→ EXERCISE PROMPT: Below is a listing. Write out exactly its lines between the one holding "unfoldable pub BackupHolds" and the one holding "expected n r took", inclusive.

→ THE INPUT:
═══

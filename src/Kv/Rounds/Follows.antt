-- ===== src/Kv/Rounds/Follows.antt =====
-- What holds throughout a round of writes: the backups hold the values that the first swaps put there,
-- but for those that the winner has repaired.
use fusee_fs.Prelude.{ℕ, ◌≡◌, ◌≢◌, ◌<◌, ◌≤◌, ◌⊎◌, some, inl, inr}
use fusee_fs.Kv.Consensus.{vote}
use fusee_fs.Kv.Consensus.Winner.{run}
use fusee_fs.Kv.Rounds.{CompareAndSwap, Round, values, given_back, requests, IsAnswered, HasWon}
use fusee_fs.Kv.Rounds.View.{WinsOn, length-values, taken_values-requests, view_winner}

module _ (expected n : ℕ) where
  -- The value wins on the values that were taken, where every backup has taken one.
  unfoldable pub Champion : (ℕ → ℕ) → ℕ → Type 0
  unfolding WinsOn
  Champion took x = ((i : ℕ) → i < n → took i ≢ expected) × WinsOn expected n took x expected

  unfoldable pub Near : (ℕ → ℕ) → ℕ → ℕ → Type 0
  unfolding Champion
  Near took i x = (x ≡ took i) ⊎ Champion took x

  unfoldable pub BackupHolds : (ℕ → ℕ) → ℕ → ℕ → Type 0
  unfolding Near
  BackupHolds took i b =
      ((b ≡ expected) × (took i ≡ expected))
      ⊎ ((took i ≢ expected) × (b ≢ expected) × Near took i b)

  pub record Follows (r : Round) (took : ℕ → ℕ) : Type 0 where
    pub backups : (i : ℕ) → i < n → BackupHolds took i (r.backup i)
    pub answers :
        (v i s : ℕ)
        → i < n
        → r.seen v i ≡ some s
        → (v ≢ expected) × (took i ≢ expected) × Near took i (vote v expected s)
    pub primary_holds : (r.primary ≡ expected) ⊎ Champion took r.primary

module _ (net : CompareAndSwap) (expected n : ℕ) (some_backup : 1 ≤ n) where
  HasWon-WinsOn :
      (r : Round) (v c : ℕ)
      → HasWon net expected n r v c
      → WinsOn expected n (λ j. vote v expected (given_back (r.seen v j))) v c
  unfolding HasWon WinsOn
  HasWon-WinsOn r v c h =
      let f = λ (j : ℕ). vote v expected (given_back (r.seen v j)) in
      let rs = requests expected v 0 n (r.seen v) in
      let whole = length-values 0 n f in
      let same =
        run v expected c rs (values 0 n f) (taken_values-requests expected v 0 n (r.seen v)) in
      let turned = rw whole at same in rw turned at h

  pub HasWon-Champion :
      (r : Round) (took : ℕ → ℕ) (v c : ℕ)
      → Follows expected n r took
      → IsAnswered net expected n r v
      → HasWon net expected n r v c
      → Champion expected n took v
  unfolding Champion Near IsAnswered given_back
  HasWon-Champion r took v c f all h = (
    λ i low. let (s, seen) = all i low in (f.answers v i s low seen).1,
    view_winner expected n some_backup took (λ j. vote v expected (given_back (r.seen v j))) v c
        (λ j low.
          let (s, seen) = all j low in
          elim (f.answers v j s low seen).2 [
            | inl e ↦ inl (rw seen e)
            | inr own ↦ inr (rw seen own.1)
          ])
        (HasWon-WinsOn r v c h),
  )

═══

→ SOLUTION FOR THIS EXERCISE:
  unfoldable pub BackupHolds : (ℕ → ℕ) → ℕ → ℕ → Type 0
  unfolding Near
  BackupHolds took i b =
      ((b ≡ expected) × (took i ≡ expected))
      ⊎ ((took i ≢ expected) × (b ≢ expected) × Near took i b)

  pub record Follows (r : Round) (took : ℕ → ℕ) : Type 0 where
    pub backups : (i : ℕ) → i < n → BackupHolds took i (r.backup i)
    pub answers :
        (v i s : ℕ)
        → i < n
        → r.seen v i ≡ some s
        → (v ≢ expected) × (took i ≢ expected) × Near took i (vote v expected s)
    pub primary_holds : (r.primary ≡ expected) ⊎ Champion took r.primary

module _ (net : CompareAndSwap) (expected n : ℕ) (some_backup : 1 ≤ n) where
  HasWon-WinsOn :
      (r : Round) (v c : ℕ)
      → HasWon net expected n r v c
      → WinsOn expected n (λ j. vote v expected (given_back (r.seen v j))) v c
  unfolding HasWon WinsOn
  HasWon-WinsOn r v c h =
      let f = λ (j : ℕ). vote v expected (given_back (r.seen v j)) in
      let rs = requests expected v 0 n (r.seen v) in
      let whole = length-values 0 n f in
      let same =
        run v expected c rs (values 0 n f) (taken_values-requests expected v 0 n (r.seen v)) in
      let turned = rw whole at same in rw turned at h

  pub HasWon-Champion :
      (r : Round) (took : ℕ → ℕ) (v c : ℕ)
      → Follows expected n r took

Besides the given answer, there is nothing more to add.